▶ _Exercise aim_
For the entries below, print exactly the lines between the line holding "half_up_above : (x" and the line holding "rounded-IsRounded 60 60", inclusive, and nothing else.

▶ _Input records_
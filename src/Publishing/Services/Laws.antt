-- ===== src/Publishing/Services/Laws.antt =====
-- PublishingActions.tsx: what the services are sent, and what their forms show again.
use native.Mathlib.Nat.{mul-div-le, lt-mul-div-succ, lt_of_lt_of_le, mul-le-mul_right}
use stridetastic.Prelude.{
  ◌≤◌, ◌<◌, ◌⊎◌, or_else, ℕ, ◌+◌, ◌*◌, ◌/◌, suc, String, Bool, true, false, not, ◌||◌, ◌≡◌, refl,
  sym, ap, ◌==◌, eq_iff, or_else, List, [], ◌∷◌, ◌++◌, arith, if◌then◌else◌, Bool-cases, inl, inr,
  keep_if, eqb, leb,
}
use stridetastic.Prelude.Int.{Decimal, pos_part, ℤ, pos, negsuc}
use stridetastic.Publishing.Json.{Number, nan, dec}
use stridetastic.Publishing.Jobs.{number_of}
use stridetastic.Publishing.Services.{or_null, contains_id, toggle_id}
use stridetastic.Publishing.Keepalive.{
  max_ℕ, rounded, rounded_ratio, minutes_of, KeepaliveForm, KeepaliveStatus, KeepaliveUpdate,
  keepalive_update, keepalive_form_of,
}

-- `s` is `factor` times the number, to the nearest whole and a half up, but `least` at least; a negative
-- number counts as 0.
abbrev pub IsNearest : ℕ → ℕ → Decimal → ℕ → Type 0
IsNearest least factor d s =
    (least ≤ s)
    × ((2 * (pos_part d.num * factor) < (2 * s + 1) * suc d.over)
        × ((s ≡ least) ⊎ (2 * s * suc d.over ≤ 2 * (pos_part d.num * factor) + suc d.over)))

-- NaN stays NaN.
abbrev pub IsRounded : ℕ → ℕ → Number → Number → Type 0
IsRounded least factor nan result = result ≡ nan
IsRounded least factor (dec d) result =
    (s : ℕ) × (result ≡ number_of s) × IsNearest least factor d s

max-least : (a b : ℕ) → a ≤ max_ℕ a b
max-least a b = ground arith

max-other : (a b : ℕ) → b ≤ max_ℕ a b
max-other a b = ground arith

twice : {a b : ℕ} → a ≤ b → 2 * a + 1 ≤ 2 * b + 1
twice h = omega arith

max_cases : (a b : ℕ) → (max_ℕ a b ≡ a) ⊎ (max_ℕ a b ≡ b)
max_cases a b = elim (Bool-cases (leb a b)) [
  | inl below ↦ inr (rw below refl)
  | inr above ↦ inl (rw above refl)
]

-- The quotient that `Math.round` takes.
abbrev half_up : ℕ → ℕ → ℕ
half_up x k = (2 * x + suc k) / (2 * suc k)

half_up_below : (x k : ℕ) → 2 * half_up x k * suc k ≤ 2 * x + suc k
half_up_below x k =
    let below : 2 * suc k * half_up x k ≤ 2 * x + suc k = mul-div-le (2 * x + suc k) (2 * suc k) in
    omega arith

half_up_above : (x k : ℕ) → 2 * x < (2 * half_up x k + 1) * suc k
half_up_above x k =
    let above : 2 * x + suc k < 2 * suc k * (half_up x k + 1) =
      lt-mul-div-succ (2 * x + suc k) (omega arith) in
    omega arith

rounded_ratio-IsNearest :
    (least factor : ℕ) (num : ℤ) (k : ℕ)
    → IsNearest least factor (record { num = num; over = k }) (rounded_ratio least factor num k)
rounded_ratio-IsNearest least factor (pos n) k =
    let x = n * factor in
    let other = max-other least (half_up x k) in
    (
      max-least least (half_up x k),
      (
        lt_of_lt_of_le (half_up_above x k) (mul-le-mul_right (suc k) (twice other)),
        elim (max_cases least (half_up x k)) [
          | inl e ↦ inl e
          | inr e ↦ inr (rw e (half_up_below x k))
        ],
      ),
    )
rounded_ratio-IsNearest least factor (negsuc n) k = (omega arith, (omega arith, inl refl))

rounded-IsRounded :
    (least factor : ℕ) (n : Number) → IsRounded least factor n (rounded least factor n)
unfolding rounded
rounded-IsRounded least factor nan = refl
rounded-IsRounded least factor (dec d) =
    (_, refl, rounded_ratio-IsNearest least factor d.num d.over)

-- Whatever the form of the keepalive service holds, the server is asked for a node to be offline for its
-- minutes in seconds, to the nearest second and a minute at least, and for its seconds between checks, to
-- the nearest second and half a minute at least; a field that holds NaN is sent as NaN.
pub keepalive_update-IsRounded :
    (form : KeepaliveForm)
    → IsRounded 60 60 form.offline_after_minutes (keepalive_update form).offline_after_seconds
      × IsRounded 30 1 form.check_interval_seconds (keepalive_update form).check_interval_seconds
unfolding keepalive_update
keepalive_update-IsRounded form = (
  rounded-IsRounded 60 60 form.offline_after_minutes,
  rounded-IsRounded 30 1 form.check_interval_seconds,
)

minutes_of_whole : (m : ℕ) → minutes_of (60 * suc m) ≡ suc m
unfolding minutes_of
minutes_of_whole m = ground arith

rounded_seconds : (m : ℕ) → rounded 60 60 (number_of (suc m)) ≡ number_of (60 * suc m)
unfolding rounded
rounded_seconds m = ap number_of (most_seconds m)
  where
    most_seconds : (m : ℕ) → max_ℕ 60 ((2 * (suc m * 60) + 1) / 2) ≡ 60 * suc m
    most_seconds m = ground arith

rounded_interval : (n : ℕ) → rounded 30 1 (number_of (30 + n)) ≡ number_of (30 + n)
unfolding rounded
rounded_interval n = ap number_of (most_seconds n)
  where
    most_seconds : (n : ℕ) → max_ℕ 30 ((2 * ((30 + n) * 1) + 1) / 2) ≡ 30 + n
    most_seconds n = ground arith

if_same : {A : Type 0} {x : A} (b : Bool) → (if b then x else x) ≡ x
if_same true = refl
if_same false = refl

or_null-or_else : (s : String) → or_else (or_null s) "" ≡ s
or_null-or_else s = elim (Bool-cases (s == "")) [
  | inl blank ↦ rw blank (sym ((eq_iff s "").0 blank))
  | inr chosen ↦ rw chosen refl
]

-- The number of a field that holds a whole number.
abbrev pub whole : Number → ℕ
whole nan = 0
whole (dec d) = pos_part d.num

-- The status of a server that stores what it is sent.
abbrev pub status_of : KeepaliveUpdate → KeepaliveStatus
status_of update = record {
  enabled = update.enabled;
  payload_type = update.payload_type;
  from_node = update.from_node;
  gateway_node = update.gateway_node;
  channel_name = update.channel_name;
  channel_key = update.channel_key;
  hop_limit = update.hop_limit;
  hop_start = update.hop_start;
  interface_id = update.interface_id;
  offline_after_seconds = whole update.offline_after_seconds;
  check_interval_seconds = whole update.check_interval_seconds;
  scope = update.scope;
  selected_node_ids = update.selected_node_ids;
}

-- A form with a whole number of minutes, one or more, and a whole number of seconds from 30 on is shown
-- again as it was, when the server stores what it is sent.
pub keepalive_form_of-keepalive_update :
    (form : KeepaliveForm) (m n : ℕ)
    → form.offline_after_minutes ≡ number_of (suc m)
    → form.check_interval_seconds ≡ number_of (30 + n)
    → keepalive_form_of (status_of (keepalive_update form)) ≡ form
unfolding keepalive_form_of keepalive_update
keepalive_form_of-keepalive_update form m n minutes seconds = λ i. record form {
  from_node = or_null-or_else form.from_node i;
  gateway_node = or_null-or_else form.gateway_node i;
  channel_name = or_null-or_else form.channel_name i;
  channel_key = or_null-or_else form.channel_key i;
  offline_after_minutes = offline i;
  check_interval_seconds = interval i;
}
  where
    offline :
        number_of (minutes_of (whole (rounded 60 60 form.offline_after_minutes)))
        ≡ form.offline_after_minutes
    offline = rw (minutes, rounded_seconds m, minutes_of_whole m) refl

    interval :
        number_of (whole (rounded 30 1 form.check_interval_seconds)) ≡ form.check_interval_seconds
    interval = rw (seconds, rounded_interval n) refl

contains_id-append :
    (id other : ℕ) (ids : List ℕ)
    → contains_id other (ids ++ id ∷ []) ≡ (if eqb other id then true else contains_id other ids)
contains_id-append id other [] = ground arith
contains_id-append id other (x ∷ ids) =
    let rest = contains_id-append id other ids in
    rw rest (elim (Bool-cases (eqb x other)) [
      | inl same ↦ rw same (sym (if_same (eqb other id)))
      | inr apart ↦ rw apart refl
    ])

dropped_head :
    (x id other : ℕ) (found : Bool)
    → eqb x id ≡ true
    → (if eqb other id then false else found)
      ≡ (if eqb other id then false else eqb x other || found)
dropped_head x id other found same = ground arith

kept_head :
    (x id other : ℕ) (found : Bool)
    → eqb x id ≡ false
    → (eqb x other || (if eqb other id then false else found))
      ≡ (if eqb other id then false else eqb x other || found)
kept_head x id other found apart = ground arith

contains_id-keep_if :
    (id other : ℕ) (ids : List ℕ)
    → contains_id other (keep_if (λ x. not (eqb x id)) ids)
      ≡ (if eqb other id then false else contains_id other ids)
contains_id-keep_if id other [] = sym (if_same (eqb other id))
contains_id-keep_if id other (x ∷ ids) =
    let rest = contains_id-keep_if id other ids in
    elim (Bool-cases (eqb x id)) [
      | inl same ↦ rw (same, keep_if, rest) (dropped_head x id other (contains_id other ids) same)
      | inr apart ↦ rw (apart, keep_if, rest) (kept_head x id other (contains_id other ids) apart)
    ]

-- A toggle turns one entry and keeps the others.
pub contains_id-toggle_id :
    (id other : ℕ) (ids : List ℕ)
    → contains_id other (toggle_id id ids)
      ≡ (if eqb other id then not (contains_id id ids) else contains_id other ids)
unfolding toggle_id
contains_id-toggle_id id other ids = elim (Bool-cases (contains_id id ids)) [
  | inl there ↦ rw there (contains_id-keep_if id other ids)
  | inr missing ↦ rw missing (contains_id-append id other ids)
]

▶ _Written response_
half_up_above : (x k : ℕ) → 2 * x < (2 * half_up x k + 1) * suc k
half_up_above x k =
    let above : 2 * x + suc k < 2 * suc k * (half_up x k + 1) =
      lt-mul-div-succ (2 * x + suc k) (omega arith) in
    omega arith

rounded_ratio-IsNearest :
    (least factor : ℕ) (num : ℤ) (k : ℕ)
    → IsNearest least factor (record { num = num; over = k }) (rounded_ratio least factor num k)
rounded_ratio-IsNearest least factor (pos n) k =
    let x = n * factor in
    let other = max-other least (half_up x k) in
    (
      max-least least (half_up x k),
      (
        lt_of_lt_of_le (half_up_above x k) (mul-le-mul_right (suc k) (twice other)),
        elim (max_cases least (half_up x k)) [
          | inl e ↦ inl e
          | inr e ↦ inr (rw e (half_up_below x k))
        ],
      ),
    )
rounded_ratio-IsNearest least factor (negsuc n) k = (omega arith, (omega arith, inl refl))

rounded-IsRounded :
    (least factor : ℕ) (n : Number) → IsRounded least factor n (rounded least factor n)
unfolding rounded
rounded-IsRounded least factor nan = refl
rounded-IsRounded least factor (dec d) =
    (_, refl, rounded_ratio-IsNearest least factor d.num d.over)

-- Whatever the form of the keepalive service holds, the server is asked for a node to be offline for its
-- minutes in seconds, to the nearest second and a minute at least, and for its seconds between checks, to
-- the nearest second and half a minute at least; a field that holds NaN is sent as NaN.
pub keepalive_update-IsRounded :
    (form : KeepaliveForm)
    → IsRounded 60 60 form.offline_after_minutes (keepalive_update form).offline_after_seconds
      × IsRounded 30 1 form.check_interval_seconds (keepalive_update form).check_interval_seconds
unfolding keepalive_update
keepalive_update-IsRounded form = (
  rounded-IsRounded 60 60 form.offline_after_minutes,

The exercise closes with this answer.